Asynchronous Stochastic Gradient Descent with Delay Compensation (1609.08326v6)

Abstract: With the fast development of deep learning, it has become common to learn big neural networks using massive training data. Asynchronous Stochastic Gradient Descent (ASGD) is widely adopted to fulfill this task for its efficiency, which is, however, known to suffer from the problem of delayed gradients. That is, when a local worker adds its gradient to the global model, the global model may have been updated by other workers and this gradient becomes "delayed". We propose a novel technology to compensate this delay, so as to make the optimization behavior of ASGD closer to that of sequential SGD. This is achieved by leveraging Taylor expansion of the gradient function and efficient approximation to the Hessian matrix of the loss function. We call the new algorithm Delay Compensated ASGD (DC-ASGD). We evaluated the proposed algorithm on CIFAR-10 and ImageNet datasets, and the experimental results demonstrate that DC-ASGD outperforms both synchronous SGD and asynchronous SGD, and nearly approaches the performance of sequential SGD.

Asynchronous Stochastic Gradient Descent with Delay Compensation

The paper "Asynchronous Stochastic Gradient Descent with Delay Compensation" introduces an advanced methodology designed to address a notorious challenge associated with asynchronous stochastic gradient descent (ASGD) in distributed deep learning systems: the delay of gradient updates. The proposed solution, Delay Compensated ASGD (DC-ASGD), seeks to enhance the efficiency and accuracy of ASGD by compensating for the delay using Taylor expansion and an efficient approximation of the Hessian matrix of the loss function.

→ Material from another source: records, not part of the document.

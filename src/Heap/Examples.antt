-- ===== src/Heap/Examples.antt =====
-- Runs of src/libc/malloc.c, and its theorems there.
use fat.Prelude.{ℕ, ◌≡◌, Bool, true, some, [], ◌∷◌, arith, refl}
use fat.Heap.{
  Node, Heap, alloc_node, merge, merge_free, first_fit, find_busy, hand_out, malloc, free,
}
use fat.Heap.HandOut.{IsHeap, Allocated}
use fat.Heap.Malloc.{malloc-Allocated}
use fat.Heap.Free.{Restored, free-malloc}

abbrev node : ℕ → ℕ → Node
node ptr size = record { ptr = ptr; size = size }

-- Two free blocks around one in use.
abbrev small : Heap
small = record {
  m_free = node 4096 16 ∷ node 4144 100 ∷ [];
  m_busy = node 4112 32 ∷ [];
  m_free_node = 7;
  _brk = 8192;
}

abbrev granted : ℕ → Bool
granted a = true

-- What is left after a request for 33 bytes, which takes 40.
abbrev less : Heap
less = record {
  m_free = node 4096 16 ∷ node 4184 60 ∷ [];
  m_busy = node 4112 32 ∷ node 4144 40 ∷ [];
  m_free_node = 6;
  _brk = 8192;
}

takes_second : malloc granted 33 small ≡ some (4144, less)
unfolding malloc first_fit hand_out alloc_node merge_free merge
takes_second = refl

merges_back : (free 4112 less).m_free ≡ node 4096 48 ∷ node 4184 60 ∷ []
unfolding free find_busy merge_free merge
merges_back = refl

small-IsHeap : IsHeap small
small-IsHeap = record { apart = λ x. ground arith; below = λ x l. ground (arith, l) }

malloc-Allocated_example : Allocated 40 4144 small less
malloc-Allocated_example =
    malloc-Allocated granted 33 4144 small less small-IsHeap (omega arith) takes_second
      (omega arith)

free-malloc_example : Restored small (free 4144 less)
free-malloc_example =
    free-malloc granted 33 4144 small less small-IsHeap (omega arith, tt) (omega arith)
      (omega arith) takes_second (omega arith)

Problem Context and Motivation

The ongoing evolution of deep neural networks (DNNs) demands scalable optimization techniques capable of handling extensive datasets across distributed computational architectures. ASGD stands out for its efficiency by allowing updates without synchronization constraints, unlike its synchronous counterpart, SSGD. However, ASGD attempts to integrate gradients based on stale model parameters, leading to potentially incoherent gradient updates. These delayed gradients can impair convergence speed and accuracy, presenting a formidable obstacle in realizing the full potential of distributed deep learning.

DC-ASGD: Methodological Contributions

The authors propose DC-ASGD to mitigate the adverse effects of delayed gradients. The method is built upon the observation that gradients computed at stale parameters can be adjusted using higher-order information derived from Taylor expansion. Specifically, the first-order Taylor approximation is employed to refine these gradients more accurately, using additional terms that require estimating the Hessian matrix. Given the computational challenge inherent in directly computing the Hessian matrix in high-dimensional spaces typical of DNNs, the authors develop a computationally feasible approximation.

1. Gradient Decomposition via Taylor Expansion: The core of DC-ASGD is employing a Taylor series expansion to approximate the gradient at the current parameter configuration. This approach aligns the optimization steps more closely with the intended ASGD trajectory by incorporating compensation terms that address the delay.
2. Efficient Hessian Approximation: Recognizing the prohibitive cost of direct Hessian computation, the authors introduce a technique using the outer product of gradients. This substitute captures the essential curvature information, enabling effective delay compensation without excessive computational overhead. The paper demonstrates that with adequate scaling, this approximation minimizes both bias and variance in gradient estimates.

Theoretical and Empirical Validation

The paper provides a rigorous theoretical foundation for DC-ASGD, proving that the method maintains convergence rates akin to those of sequential SGD under bounded delay conditions. Empirically, DC-ASGD outperformed existing algorithms on CIFAR-10 and ImageNet tasks, demonstrating superior convergence speed and accuracy. It notably achieves comparability with, and occasionally surpasses, sequential SGD in terms of model accuracy, particularly when adaptive techniques are employed to stabilize gradient variance.

Implications and Future Directions

While the proposed DC-ASGD algorithm bridges the performance gaps caused by delayed gradients in ASGD, its implications extend beyond immediate improvements in convergence rates. By demonstrating how higher-order gradient information can be effectively utilized in distributed settings, the paper suggests pathways for integrating more complex optimization strategies within existing frameworks without incurring prohibitive computational costs.

Further exploration is warranted to extend this methodology to even larger computational clusters where latency and resource allocation are of greater concern. Additionally, integrating higher-order compensations and exploring adaptive schemes that adjust the degree of approximation dynamically could lead to even more robust distributed optimization methods in neural network training.

In summary, DC-ASGD represents a significant step forward in overcoming some of the fundamental challenges associated with distributed asynchronous optimization in deep learning. Through sophisticated mathematical modeling and empirical validation, the paper enriches the toolkit available for researchers and practitioners seeking to leverage large-scale distributed environments for training complex neural networks.